DeepSpeech Create cocktail party data set

Create cocktail party data set where the background noise for training comes only from the training data sets, background noise for validation comes only from the validation data sets, and , background noise for test comes only from the test data sets.

Sep 12 '18 12:09 kdavis-mozilla

Howdy, I was just linked to this: https://voices18.github.io/ Could it be used to help in this regard?

Sep 19 '18 22:09 SalvorinFex

@SalvorinFex Thanks!

Currently we're planning on using the CC0 audio from freesound along with using many random samples of the training set, at a lower in volume, to create a cocktail party data set. But, the VOiCES Corpus also might be a nice addition.
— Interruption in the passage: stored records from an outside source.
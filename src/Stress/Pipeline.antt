-- ===== src/Stress/Pipeline.antt =====
-- stresser.go, `Stress`: transactions are generated, signed and collected by goroutines over two
-- channels. The goroutines are interleaved in every order: one step is one access of a channel.
pub mod Counts
pub mod Invariant
pub mod Complete
pub mod Progress
use chain_stresser.Common.{
  ℕ, suc, ◌+◌, ◌*◌, ◌<◌, ◌≡◌, Bool, ◌&&◌, Option, none, some, List, [], ◌∷◌, ◌++◌, ◌==◌,
  if◌then◌else◌, length,
}
use chain_stresser.Common.Bytes.{Bytes}
use chain_stresser.Common.Sums.{update}

-- The provider (`payload.TxProvider`) and its transactions. An error of `GenerateTx` or of
-- `BuildAndSignTx` stops the program (`orPanic`), so both are total here. Every provider passes the
-- request's two indices on, and signing keeps them (`WithBytes`).
pub record Provider : Type 1 where
  pub Tx : Type 0
  pub from_idx : Tx → ℕ
  pub tx_idx : Tx → ℕ
  pub bytes : Tx → Bytes
  -- account, index of the transaction, sequence
  pub generate_tx : ℕ → ℕ → ℕ → Tx
  pub sign_tx : Tx → Tx
  pub from_idx-generate_tx : (i j s : ℕ) → from_idx (generate_tx i j s) ≡ i
  pub tx_idx-generate_tx : (i j s : ℕ) → tx_idx (generate_tx i j s) ≡ j
  pub from_idx-sign_tx : (t : Tx) → from_idx (sign_tx t) ≡ from_idx t
  pub tx_idx-sign_tx : (t : Tx) → tx_idx (sign_tx t) ≡ tx_idx t

-- The sizes: accounts, transactions of each, signers, and the capacity of the channels.
pub record Sizes : Type 0 where
  pub accounts : ℕ
  pub num : ℕ
  pub cpus : ℕ
  pub capacity : ℕ

module _ (pr : Provider) (sz : Sizes) (initial : ℕ → ℕ) where
  open pr use {Tx, from_idx, tx_idx, bytes, generate_tx, sign_tx}

  pub record Pipe : Type 0 where
    -- `txIdx` of each account's generator
    pub next : ℕ → ℕ
    pub tx_queue : List Tx
    -- what the signers hold
    pub signing : List Tx
    pub signed_queue : List Tx
    pub collected : ℕ
    -- `signedTxs`, with `nil` where nothing has been stored
    pub table : ℕ → ℕ → Option Bytes

  abbrev pub start : Pipe
  start = record {
    next = λ i. 0;
    tx_queue = [];
    signing = [];
    signed_queue = [];
    collected = 0;
    table = λ i j. none;
  }

  abbrev pub generated : ℕ → ℕ → Tx
  generated i j = generate_tx i j (initial i + j)

  -- `signedTxs[txSigned.FromIdx()][txSigned.TxIdx()] = txSigned.Bytes()`
  abbrev pub store : (ℕ → ℕ → Option Bytes) → Tx → ℕ → ℕ → Option Bytes
  store table t i j = if i == from_idx t && j == tx_idx t then some (bytes t) else table i j

  pub data Step (p : Pipe) : Pipe → Type 0 where
    generate :
        (i : ℕ)
        → i < sz.accounts
        → p.next i < sz.num
        → length p.tx_queue < sz.capacity
        → Step p (record p {
          next = update p.next i (suc (p.next i));
          tx_queue = p.tx_queue ++ generated i (p.next i) ∷ [];
        })
    take :
        (t : Tx) (ts : List Tx)
        → p.tx_queue ≡ t ∷ ts
        → length p.signing < sz.cpus
        → Step p (record p { tx_queue = ts; signing = t ∷ p.signing })
    sign :
        (before after : List Tx) (t : Tx)
        → p.signing ≡ before ++ t ∷ after
        → length p.signed_queue < sz.capacity
        → Step p (record p {
          signing = before ++ after;
          signed_queue = p.signed_queue ++ sign_tx t ∷ [];
        })
    collect :
        (t : Tx) (ts : List Tx)
        → p.signed_queue ≡ t ∷ ts
        → p.collected < sz.accounts * sz.num
        → Step p
            (record p { signed_queue = ts; collected = suc p.collected; table = store p.table t })

  pub data Reach : Pipe → Type 0 where
    here : Reach start
    next_step : {p q : Pipe} → Reach p → Step p q → Reach q
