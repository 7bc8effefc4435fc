-- ===== src/Payload/Base.antt =====
-- payload/payload.go: requests and transactions. Every provider's transaction embeds `baseTx`.
use chain_stresser.Common.{ℕ, ◌≡◌, refl, List}
use chain_stresser.Common.Bytes.{Bytes}
use chain_stresser.Stress.Pipeline.{Provider}

-- `chain.Account`, with the type of private keys as a parameter.
pub record Account (Key : Type 0) : Type 0 where
  pub name : Bytes
  pub key : Key
  pub number : ℕ
  pub sequence : ℕ

pub record TxRequest (Key : Type 0) : Type 0 where
  pub keys : List Key
  pub from : Account Key
  pub from_idx : ℕ
  pub tx_idx : ℕ

pub record BaseTx (Key Msg : Type 0) : Type 0 where
  pub from : Account Key
  pub msgs : List Msg
  pub tx_bytes : Bytes
  pub from_idx : ℕ
  pub tx_idx : ℕ

-- `WithBytes`, on a copy.
unfoldable pub with_bytes : {Key Msg : Type 0} → Bytes → BaseTx Key Msg → BaseTx Key Msg
with_bytes b t = record t { tx_bytes = b }

module _ {Key Msg : Type 0} (t : BaseTx Key Msg) (b : Bytes) where
  with_bytes-from_idx : (with_bytes b t).from_idx ≡ t.from_idx
  unfolding with_bytes
  with_bytes-from_idx = refl

  with_bytes-tx_idx : (with_bytes b t).tx_idx ≡ t.tx_idx
  unfolding with_bytes
  with_bytes-tx_idx = refl

-- A provider whose `GenerateTx` makes a `baseTx` with the request's indices and whose
-- `BuildAndSignTx` ends in `WithBytes` is one that the pipeline of `Stress` can run. The sender and
-- the messages are those of an account, an index and a sequence.
pub base_provider :
    {Key Msg : Type 0} → (ℕ → ℕ → ℕ → Account Key × List Msg) → (BaseTx Key Msg → Bytes) → Provider
base_provider {Key} {Msg} content sign = record {
  Tx = BaseTx Key Msg;
  from_idx = λ t. t.from_idx;
  tx_idx = λ t. t.tx_idx;
  bytes = λ t. t.tx_bytes;
  generate_tx = λ i j s. record {
    from = (content i j s).0;
    msgs = (content i j s).1;
    tx_bytes = List.[];
    from_idx = i;
    tx_idx = j;
  };
  sign_tx = λ t. with_bytes (sign t) t;
  from_idx-generate_tx = λ i j s. refl;
  tx_idx-generate_tx = λ i j s. refl;
  from_idx-sign_tx = λ t. with_bytes-from_idx t (sign t);
  tx_idx-sign_tx = λ t. with_bytes-tx_idx t (sign t);
}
Sep 20 '18 07:09 kdavis-mozilla

Another Mozilla associated noise reduction project created a large noise dataset that might be useful to you. It’s downloadable at the bottom of this page: https://people.xiph.org/~jm/demo/rnnoise/

May 02 '19 07:05 zaptrem

Are there plans to run reverb filters on the datasets as well? STT might struggle in this area.

Jul 20 '20 20:07 zaptrem

https://deepspeech.readthedocs.io/en/v0.7.4/TRAINING.html#augmentation

Jul 21 '20 11:07 tilmankamp

@tilmankamp Thanks! Are the pretrained models trained with reverb and these other augmentations enabled? Also, is the reverb added before or after the audio is mixed with the noise samples?

Jul 25 '20 06:07 zaptrem

Models trained on data with such augmentations are in the process of being trained.

Jul 27 '20 08:07 kdavis-mozilla

@kdavis-mozilla Are the just-released 0.8 models trained with these augmentations? Or are those coming in 0.9/1.0?

Jul 30 '20 19:07 zaptrem

@zaptrem They are coming later.

Jul 31 '20 08:07 kdavis-mozilla

@kdavis-mozilla Would this noise+dataset be useful to this? https://iqtlabs.github.io/voices/

Aug 26 '20 03:08 zaptrem